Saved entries
───
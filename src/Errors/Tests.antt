-- ===== src/Errors/Tests.antt =====
-- Runs of the error sentences.
use beauty_awg.Base.{
  none, [], ◌∷◌, arith, ◌≡◌, refl, Text, codes, ◌==◌, true, starts_with, trim, trim_end, trim_start,
  is_space,
}
use beauty_awg.Errors.{
  api_error, error, human_error, matches, cleaned, first_match, exit_advice, message,
}
use beauty_awg.Errors.Laws.{second_exit, human_error-second_exit}
use beauty_awg.Errors.Patterns.{
  enclosed, search_for, match_at, after_phrase, until, on_line, includes_text,
}

abbrev taken : Text
taken = codes "this device already sends all traffic through \"Home\" — a device"

human_error_tests :
    ((human_error (api_error 401 (codes "unauthorized"))
        == codes "Your session expired. Please sign in again.")
      ≡ true)
    × ((human_error (error (codes "TypeError: boom ")) == codes "boom") ≡ true)
    × ((human_error (api_error 400 (codes "POOL 10.0.0.0/24 exhausted\n"))
          == codes "No addresses left. Delete an unused device to free one up.")
        ≡ true)
    × ((human_error (api_error 500 (codes ""))
          == codes "The server had a problem. Try again in a moment.")
        ≡ true)
    × ((human_error (api_error 400 taken) == exit_advice (codes "Home")) ≡ true)
unfolding human_error matches first_match search_for match_at after_phrase until on_line
    includes_text codes ◌==◌ cleaned message exit_advice starts_with trim trim_end trim_start
    is_space
human_error_tests = (refl, refl, refl, refl, refl)

home_taken :
    search_for (enclosed (codes "subnets overlap (") b')') (second_exit (b'H' ∷ b'o' ∷ []) [])
    ≡ none
unfolding search_for match_at after_phrase codes
home_taken = refl

human_error-second_exit_example :
    human_error (api_error 400 (second_exit (b'H' ∷ b'o' ∷ []) [])) ≡ exit_advice (b'H' ∷ b'o' ∷ [])
human_error-second_exit_example =
    human_error-second_exit 400 b'H' (b'o' ∷ []) [] (omega arith, (omega arith, tt)) home_taken
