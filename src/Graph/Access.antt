-- ===== src/Graph/Access.antt =====
-- AccessGraph.tsx: connections that are drawn, and lines that are clicked or deleted.
pub mod Granting
pub mod Drawing
pub mod Deletion
pub mod Sending
use beauty_awg.Base.{
  ℕ, Bool, true, false, ◌&&◌, ◌||◌, not, Option, none, some, List, [], ◌∷◌, ◌++◌, Text, codes, ◌==◌,
  find, length, if◌then◌else◌,
}
use beauty_awg.Base.Sets
use beauty_awg.Json.{decimal}
use beauty_awg.Errors.{Thrown}
use beauty_awg.Groups.{Group, gid, is_group_id}
use beauty_awg.Api.{VpnNode, Client, Panel, grant, revoke, link_nodes, unlink_nodes}
use beauty_awg.Api.Effects.{
  M, ◌>>=◌, ◌>>◌, get, done, call, note, announce, report, attempt, for_each, reported, reloaded,
  edge_added,
}
use beauty_awg.Graph.{
  unwrap, is_client_id, is_node_id, split_arrow, part, link_edge_id, is_link_edge, parse_link_edge,
  is_bus_edge, parse_bus_edge, grant_edge_id,
}
use beauty_awg.Graph.State.{MapState}

pub record Connection : Type 0 where
  pub source : Option Text
  pub target : Option Text

pub record Edge : Type 0 where
  pub id : Text
  pub source : Text
  pub target : Text

-- `servers.find((s) => s.id === id)?.name ?? fallback`
unfoldable pub node_name : List VpnNode → Text → Text → Text
node_name servers id fallback = elim (find (λ s. s.id == id) servers) [
  | none ↦ fallback
  | some s ↦ s.name
]

unfoldable pub client_name : List Client → Text → Text → Text
client_name clients id fallback = elim (find (λ c. c.id == id) clients) [
  | none ↦ fallback
  | some c ↦ c.name
]

-- `${group.name} (${group.members.length} devices)`
unfoldable pub group_title : Group → Text
group_title g = g.name ++ codes " (" ++ decimal (length g.members) ++ codes " devices)"

unfoldable pub group_with_id : List Group → Text → Option Group
group_with_id groups id = find (λ g. g.id == id) groups

-- `selectionAnchor`
unfoldable pub selection_anchor : Option Text → List Group → Option Text
selection_anchor none groups = none
selection_anchor (some id) groups =
    if is_client_id id
    then elim (find (λ g. Sets.includes g.members (unwrap id)) groups) [
      | none ↦ some id
      | some g ↦ some (gid g.id)
    ]
    else some id

unfoldable pub in_selection : Option Text → Edge → Bool
in_selection none e = true
in_selection (some anchor) e = e.source == anchor || e.target == anchor

-- What a connection asks for, in the order of the tests of `onConnect`.
pub data Wish : Type 0 where
  group_grant : Text → Text → Wish
  client_grant : Text → Text → Wish
  node_link : Text → Text → Wish
  no_wish : Wish

unfoldable pub wish_between : Text → Text → Wish
wish_between s t =
    if is_node_id t
    then if is_group_id s
      then group_grant (unwrap s) (unwrap t)
      else if is_client_id s
      then client_grant (unwrap s) (unwrap t)
      else if is_node_id s
      then node_link (unwrap s) (unwrap t)
      else no_wish
    else no_wish

ends : Option Text → Option Text → Wish
unfolding wish_between
ends (some s) (some t) = wish_between s t
ends s t = no_wish

unfoldable pub wish_of : Connection → Wish
unfolding ends
wish_of c = ends c.source c.target

-- What a line stands for, in the order of the tests of `onEdgesDelete` and `onEdgeClick`.
pub data Line : Type 0 where
  group_line : Text → Text → Line
  bus_line : Text → Text → Line
  link_line : Text → Text → Line
  client_line : Text → Text → Line

unfoldable pub line_of : Edge → Line
line_of e =
    if is_group_id e.source
    then group_line (unwrap e.source) (part (split_arrow e.id) 1)
    else if is_bus_edge e.id
    then bus_line (part (parse_bus_edge e.id) 0) (part (parse_bus_edge e.id) 1)
    else if is_link_edge e.id
    then link_line (part (parse_link_edge e.id) 0) (part (parse_link_edge e.id) 1)
    else client_line (part (split_arrow e.id) 0) (part (split_arrow e.id) 1)

module _ {S : Type 0} (P : Panel S) (servers : List VpnNode) (clients : List Client) where
  failing : Text → Thrown → M S MapState (Unit {0})
  failing prefix e = do report prefix e; note reloaded

  -- `if (group.members.length > 0)`
  announce_group : Text → List Text → M S MapState (Unit {0})
  announce_group title [] = done
  announce_group title (m ∷ ms) = announce title

  grant_group : Option Group → Text → M S MapState (Unit {0})
  unfolding failing announce_group
  grant_group none node = done
  grant_group (some g) node =
      attempt
        (do
          for_each g.members (λ m. call P (grant m node))
          announce_group (group_title g) g.members
          note reloaded)
        (failing (codes "Couldn't give access: "))

  grant_client : Text → Text → M S MapState (Unit {0})
  unfolding failing
  grant_client client node = do
    note (edge_added (grant_edge_id client node))
    attempt
        (do
          call P (grant client node)
          announce (client_name clients client (codes "client"))
          note reloaded)
        (failing (codes "Couldn't give access: "))

  link_pair : Text → Text → M S MapState (Unit {0})
  unfolding failing
  link_pair src dst =
      if src == dst then note (reported (codes "A location can't link to itself.")) else do
        note (edge_added (link_edge_id src dst))
        attempt
            (do
              call P (link_nodes src dst)
              announce (node_name servers src (codes "node"))
              note reloaded)
            (failing (codes "Couldn't link those locations: "))

  carry_out : Wish → M S MapState (Unit {0})
  unfolding grant_group grant_client link_pair
  carry_out (group_grant g node) = do s ← get; grant_group (group_with_id s.groups g) node
  carry_out (client_grant client node) = grant_client client node
  carry_out (node_link src dst) = link_pair src dst
  carry_out no_wish = note (
      reported (
        codes
          "Drag from a device to a location to give access, or between two locations to link them."))

  unfoldable pub on_connect : Connection → M S MapState (Unit {0})
  unfolding carry_out
  on_connect c = carry_out (wish_of c)

  revoke_group : Option Group → Text → M S MapState (Unit {0})
  revoke_group none node = done
  revoke_group (some g) node =
      attempt (do for_each g.members (λ m. call P (revoke m node)); announce (group_title g))
        (report (codes "Couldn't take away access: "))

  unfoldable pub delete_line : Line → M S MapState (Unit {0})
  unfolding revoke_group
  delete_line (group_line g node) = do s ← get; revoke_group (group_with_id s.groups g) node
  delete_line (bus_line a b) =
      attempt
        (do
          call P (unlink_nodes a b)
          call P (unlink_nodes b a)
          announce (node_name servers a (codes "location")))
        (report (codes "Couldn't remove the link: "))
  delete_line (link_line src dst) =
      attempt (do call P (unlink_nodes src dst); announce (node_name servers src (codes "node")))
        (report (codes "Couldn't remove the link: "))
  delete_line (client_line client node) =
      attempt
        (do call P (revoke client node); announce (client_name clients client (codes "client")))
        (report (codes "Couldn't take away access: "))

  -- The loop of `onEdgesDelete`; a line outside the selection is passed over.
  unfoldable pub delete_lines : Option Text → List Edge → M S MapState (Unit {0})
  unfolding delete_line
  delete_lines anchor edges =
      for_each edges (λ e. if in_selection anchor e then delete_line (line_of e) else done)

  unfoldable pub on_edges_delete : Option Text → List Edge → M S MapState (Unit {0})
  unfolding delete_lines
  on_edges_delete anchor removed = do delete_lines anchor removed; note reloaded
───
- WORK ORDER: Return, from the data above, each line in which the string "antt" appears.

- RESPONSE:
filename src/Errors/Tests.antt
-- ===== src/Errors/Tests.antt =====
filename src/Graph/Access.antt
-- ===== src/Graph/Access.antt =====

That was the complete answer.